Tradeoffs and synergies in nutrient retention and greenhouse gas production in constructed agricultural wetlands

Perceived tradeoffs between ecosystem services (ES) delivered by nature-based solutions (NBS) may limit their widespread use as a tool for environmental management. Small artificial waterbodies (constructed ponds and free surface wetlands) are one type of NBS that can help mitigate the downstream eutrophying effects of agricultural nutrient runoff and contribute to carbon (C) storage. However, these waterbodies can also be significant greenhouse gas (GHG) sources. Here, we report on water chemistry, dissolved GHG concentrations and sediment properties measured over three years at 40 Swedish constructed agricultural wetlands.
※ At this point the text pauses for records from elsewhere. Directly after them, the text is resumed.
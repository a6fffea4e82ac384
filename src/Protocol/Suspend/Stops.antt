-- ===== src/Protocol/Suspend/Stops.antt =====
-- What the suspend loop of protocol.c does at the door before anything else: it stops the spindle and
-- the coolant.
use g_carvin.Base.{
  ℕ, ◌≡◌, refl, ap, ◌∙◌, Bool, true, false, not, ◌&&◌, Option, none, some, List, [], ◌∷◌, ◌++◌,
  if◌then◌else◌, if_ind, if_cases, if_true, if_false, Bool-cases, inl, inr, ◌⊎◌, sym,
}
use g_carvin.System.{Machine}
use g_carvin.Gcode.Real.{Vec}
use g_carvin.Protocol.Override.{coolant_set_state}
use g_carvin.Protocol.Realtime.{protocol_exec_rt_system}
use g_carvin.Protocol.Suspend.{
  Event, spindle_set_state, coolant_set_state_event, mc_parking_motion_event, Pass, Suspension,
  Progress, going, left, waiting, ◌>>=◌, ParkingPlan, with_accessories, Parking, emit, call,
  with_machine, start_motion, after_pass, run_pass, take_pass, next_pass, motion_passes,
  mc_parking_motion, de_energize, no_accessories, start_retract, aim, pull_out, fast_retract,
  retracted, stop_and_park, retract, with_step_control,
}

module _ {V : Type 0} where
  -- The spindle state and the coolant after some calls.
  abbrev pub after_event : Event V → ℕ × Bool → ℕ × Bool
  after_event (spindle_set_state state speed) (spindle, coolant) = (state, coolant)
  after_event (coolant_set_state_event flood) (spindle, coolant) = (spindle, flood)
  after_event (mc_parking_motion_event target plan) m = m

  unfoldable pub outputs : ℕ × Bool → List (Event V) → ℕ × Bool
  outputs m [] = m
  outputs m (e ∷ events) = outputs (after_event e m) events

  outputs-append :
      (m : ℕ × Bool) (events : List (Event V)) (e : Event V)
      → outputs m (events ++ e ∷ []) ≡ after_event e (outputs m events)
  unfolding outputs
  outputs-append m [] e = refl
  outputs-append m (x ∷ xs) e = outputs-append (after_event x m) xs e

  -- The last call has asked for a parking motion.
  pub record IsMoving (events : List (Event V)) : Type 0 where
    pub earlier : List (Event V)
    pub target : Vec V
    pub plan : ParkingPlan V
    pub asked : events ≡ earlier ++ mc_parking_motion_event target plan ∷ []

  -- It does not return to the main loop; the first holds once it goes on, and the second of the calls
  -- while it waits for a pass.
  abbrev pub Ends : (Suspension V → Type 0) → (List (Event V) → Type 0) → Progress V → Type 0
  Ends P W (going s) = P s
  Ends P W (left s) = ⊥
  Ends P W (waiting s) = W s.events

  bind-Ends :
      (P Q : Suspension V → Type 0) (W : List (Event V) → Type 0) (r : Progress V)
      (next : Suspension V → Progress V)
      → Ends P W r
      → ((s : Suspension V) → P s → Ends Q W (next s))
      → Ends Q W (r >>= next)
  bind-Ends P Q W (going s) next h step = step s h
  bind-Ends P Q W (left s) next h step = h
  bind-Ends P Q W (waiting s) next h step = h

  weaken-Ends :
      (P Q : Suspension V → Type 0) (W X : List (Event V) → Type 0) (r : Progress V)
      → Ends P W r
      → ((s : Suspension V) → P s → Q s)
      → ((events : List (Event V)) → W events → X events)
      → Ends Q X r
  weaken-Ends P Q W X (going s) h f g = f s h
  weaken-Ends P Q W X (left s) h f g = h
  weaken-Ends P Q W X (waiting s) h f g = g s.events h

  -- The spindle and the coolant are off, whatever they were before, or an abort has come, which makes
  -- the calls return at once.
  abbrev pub IsOffAfter : Suspension V → Type 0
  IsOffAfter s = (s.machine.abort ≡ true) ⊎ ((m : ℕ × Bool) → outputs m s.events ≡ (0, false))

  -- They are off or an abort has come, and the retraction is marked as complete.
  pub record IsRetracted (s : Suspension V) : Type 0 where
    pub off : (s.machine.abort ≡ true) ⊎ ((m : ℕ × Bool) → outputs m s.events ≡ (0, false))
    pub complete : s.machine.suspend.retract_complete ≡ true

-- What the calls of parking motions keep, the motions keep.
module _ {V : Type 0} (parking : Parking V) (Q : List (Event V) → Type 0) where
  abbrev Kept : Suspension V → Type 0
  Kept s = Q s.events

  after_pass-Ends :
      (s : Suspension V) (r : Option Machine) → Kept s → Ends Kept Q (after_pass parking s r)
  after_pass-Ends s none h = h
  after_pass-Ends s (some m) h = h

  run_pass-Ends : (p : Pass V) (s : Suspension V) → Kept s → Ends Kept Q (run_pass parking p s)
  unfolding run_pass
  run_pass-Ends p s h =
      after_pass-Ends
        (record s { machine = p.before s.machine; position = p.position; door_pin = p.door_pin })
        (protocol_exec_rt_system parking.prep_control p.arrivals (p.before s.machine)) h

  take_pass-Ends :
      (ps : List (Pass V)) (s : Suspension V) → Kept s → Ends Kept Q (take_pass parking s ps)
  take_pass-Ends [] s h = h
  take_pass-Ends (p ∷ ps) s h = run_pass-Ends p (record s { passes = ps }) h

  motion_passes-Ends :
      (ps : List (Pass V)) (s : Suspension V) → Kept s → Ends Kept Q (motion_passes parking ps s)
  unfolding motion_passes
  motion_passes-Ends [] s h = h
  motion_passes-Ends (p ∷ ps) s h =
      bind-Ends Kept Kept Q (run_pass parking p (record s { passes = ps })) _
        (run_pass-Ends p (record s { passes = ps }) h)
        (λ a k. if_ind (Ends Kept Q) a.machine.abort k (
          if_ind (Ends Kept Q) a.machine.step_control.execute_sys_motion (motion_passes-Ends ps a k)
            k))

module _ {V : Type 0} (parking : Parking V) (Q : List (Event V) → Type 0)
    (parks : (events : List (Event V)) (target : Vec V) (plan : ParkingPlan V)
      → Q events
      → Q (events ++ mc_parking_motion_event target plan ∷ [])) where
  abbrev Holds : Suspension V → Type 0
  Holds s = Q s.events

  mc_parking_motion-Ends :
      (target : Vec V) (s : Suspension V)
      → Holds s
      → Ends Holds IsMoving (mc_parking_motion parking target s)
  unfolding mc_parking_motion next_pass
  mc_parking_motion-Ends target s h =
      let asked = emit parking (mc_parking_motion_event target s.plan) s in
      let Both : List (Event V) → Type 0 = λ events. Q events × IsMoving events in
      let moving : IsMoving asked.events = record {
        earlier = s.events;
        target = target;
        plan = s.plan;
        asked = refl;
      } in
      let both : Both asked.events = (parks s.events target s.plan h, moving) in
      if_ind (Ends Holds IsMoving) s.machine.abort h (
        weaken-Ends (λ a. Both a.events) Holds Both IsMoving _
          (if_ind (Ends (λ a. Both a.events) Both) (parking.planned target s.plan)
            (motion_passes-Ends parking Both s.passes
              (with_machine parking (start_motion parking) asked) both)
            (take_pass-Ends parking Both s.passes
              (with_step_control parking (λ c. record c { execute_sys_motion = false }) asked)
              both))
          (λ a k. k.0) (λ events k. k.1))

  pull_out-Ends : (s : Suspension V) → Holds s → Ends Holds IsMoving (pull_out parking s)
  unfolding pull_out
  pull_out-Ends s h =
      let up = aim parking s.retract_waypoint parking.pullout_rate s in
      if_ind (Ends Holds IsMoving) (parking.less s.parking_target.z s.retract_waypoint)
        (mc_parking_motion-Ends up.parking_target
          (record up { plan = with_accessories parking up.plan }) h)
        h

  fast_retract-Ends : (s : Suspension V) → Holds s → Ends Holds IsMoving (fast_retract parking s)
  unfolding fast_retract
  fast_retract-Ends s h =
      let up = aim parking parking.target parking.rate s in
      if_ind (Ends Holds IsMoving) (parking.less s.parking_target.z parking.target)
        (mc_parking_motion-Ends up.parking_target up h) h

module _ {V : Type 0} (parking : Parking V) where
  abbrev IsAllOff : List (Event V) → Type 0
  IsAllOff events = (m : ℕ × Bool) → outputs m events ≡ (0, false)

  de_energize-off :
      (s : Suspension V) → s.machine.abort ≡ false → IsAllOff (de_energize parking s).events
  de_energize-off s runs m =
      let stopped = call parking (spindle_set_state 0 parking.nought) s in
      ap (outputs m) (if_false _ _ runs)
      ∙ outputs-append m stopped.events (coolant_set_state_event false)
      ∙ ap (after_event {V = V} (coolant_set_state_event false)) (
          ap (outputs m) (if_false _ _ runs)
          ∙ outputs-append m s.events (spindle_set_state 0 parking.nought))

  coolant-abort : (m : Machine) → m.abort ≡ true → (coolant_set_state false m).abort ≡ true
  unfolding coolant_set_state
  coolant-abort m a = ap (λ (n : Machine). n.abort) (if_true _ _ a) ∙ a

  de_energize-IsOffAfter : (s : Suspension V) → IsOffAfter (de_energize parking s)
  de_energize-IsOffAfter s = elim (Bool-cases s.machine.abort) [
    | inl a ↦ inl (coolant-abort s.machine a)
    | inr runs ↦ inr (de_energize-off s runs)
  ]

  -- While an abort is pending no parking motion begins.
  aborted-Ends :
      (s : Suspension V)
      → s.machine.abort ≡ true
      → Ends (λ a. a.machine.abort ≡ true) IsMoving (fast_retract parking s)
  unfolding fast_retract mc_parking_motion
  aborted-Ends s a =
      let A : Suspension V → Type 0 = λ t. t.machine.abort ≡ true in
      if_ind (Ends A IsMoving) (parking.less s.parking_target.z parking.target)
        (if_cases (Ends A IsMoving) s.machine.abort (λ _. a)
          (λ runs. let clash : false ≡ true = sym runs ∙ a in cc))
        a

  abbrev pub can_park : Suspension V → Bool
  can_park s =
      parking.homing_enable
      && (parking.less s.parking_target.z parking.target && not parking.laser_mode)

  then_retract :
      (s : Suspension V) → Ends IsOffAfter IsMoving (fast_retract parking (de_energize parking s))
  then_retract s = elim (Bool-cases s.machine.abort) [
    | inl a ↦
        weaken-Ends (λ t. t.machine.abort ≡ true) IsOffAfter IsMoving IsMoving _
          (aborted-Ends (de_energize parking s) (coolant-abort s.machine a)) (λ t k. inl k)
          (λ events k. k)
    | inr runs ↦
        weaken-Ends (λ t. IsAllOff t.events) IsOffAfter IsMoving IsMoving _
          (fast_retract-Ends parking IsAllOff
            (λ events target plan h m.
              outputs-append m events (mc_parking_motion_event target plan) ∙ h m)
            (de_energize parking s) (de_energize-off s runs))
          (λ t k. inr k) (λ events k. k)
  ]

  park-Ends :
      (s : Suspension V)
      → Ends IsOffAfter IsMoving (
          pull_out parking s >>= λ a.
          fast_retract parking
            (de_energize parking (record a { plan = no_accessories parking a.plan })))
  park-Ends s =
      bind-Ends (λ a. Unit) IsOffAfter IsMoving (pull_out parking s) _
        (pull_out-Ends parking (λ events. Unit) (λ events target plan h. tt) s tt)
        (λ a _. then_retract (record a { plan = no_accessories parking a.plan }))

  -- A retraction is over, or a parking motion that it has asked for waits for more passes.
  abbrev pub IsRetractedOrParks : Bool → Progress V → Type 0
  IsRetractedOrParks parks (going s) = IsRetracted s
  IsRetractedOrParks parks (left s) = ⊥
  IsRetractedOrParks parks (waiting s) = (parks ≡ true) × IsMoving s.events

  parks-Ends :
      (r : Progress V)
      → Ends IsOffAfter IsMoving r
      → IsRetractedOrParks true (r >>= λ a. going (retracted parking a))
  parks-Ends (going s) h = record { off = h; complete = refl }
  parks-Ends (left s) h = h
  parks-Ends (waiting s) h = (refl, h)

  stops :
      (c : Bool) (s : Suspension V)
      → IsRetractedOrParks c (
          (if c
            then (pull_out parking s >>= λ a.
                fast_retract parking
                  (de_energize parking (record a { plan = no_accessories parking a.plan })))
            else going (de_energize parking s))
          >>= λ a. going (retracted parking a))
  stops true s = parks-Ends _ (park-Ends s)
  stops false s = record { off = de_energize-IsOffAfter s; complete = refl }

  -- The retraction at the door does not leave the loop. It ends, or the machine parks, a parking motion
  -- was asked for last, and the passes of the executor end before that motion. Once it has ended, it is
  -- marked as complete, and either an abort has come, or the last call to the spindle has stopped it and
  -- the last call to the coolant has turned it off.
  pub retract-IsRetractedOrParks :
      (s : Suspension V)
      → IsRetractedOrParks (can_park (start_retract parking s)) (retract parking s)
  unfolding retract stop_and_park
  retract-IsRetractedOrParks s =
      stops (can_park (start_retract parking s)) (start_retract parking s)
We measured inlet and outlet water chemistry, water column dissolved GHG concentrations and sediment C and phosphorus (P) levels. All waterbodies were supersaturated with carbon dioxide (CO₂) and most were also supersaturated with nitrous oxide (N₂O). There were large temporal variations in inlet water chemistry, highlighting the importance of seasonality and land management. Inlet P concentrations were positively correlated with water column dissolved methane (CH₄) and sediment P concentrations; a clear tradeoff in nutrient retention vs. climate regulation. Inlet nitrogen (N) concentrations were positively correlated with N₂O concentrations, but these waterbodies were also more likely to mitigate downstream dissolved N levels as suggested by lower outflow N concentrations. Sediment C concentrations were unrelated to any measured parameters, suggesting that it would be difficult to purposefully design ponds and wetlands to sequester large amounts of carbon. Although there are tradeoffs between mitigating downstream eutrophication and climate impacts, this should not preclude the use of constructed wetlands and other types of NBS as tools for ES delivery in agricultural landscapes.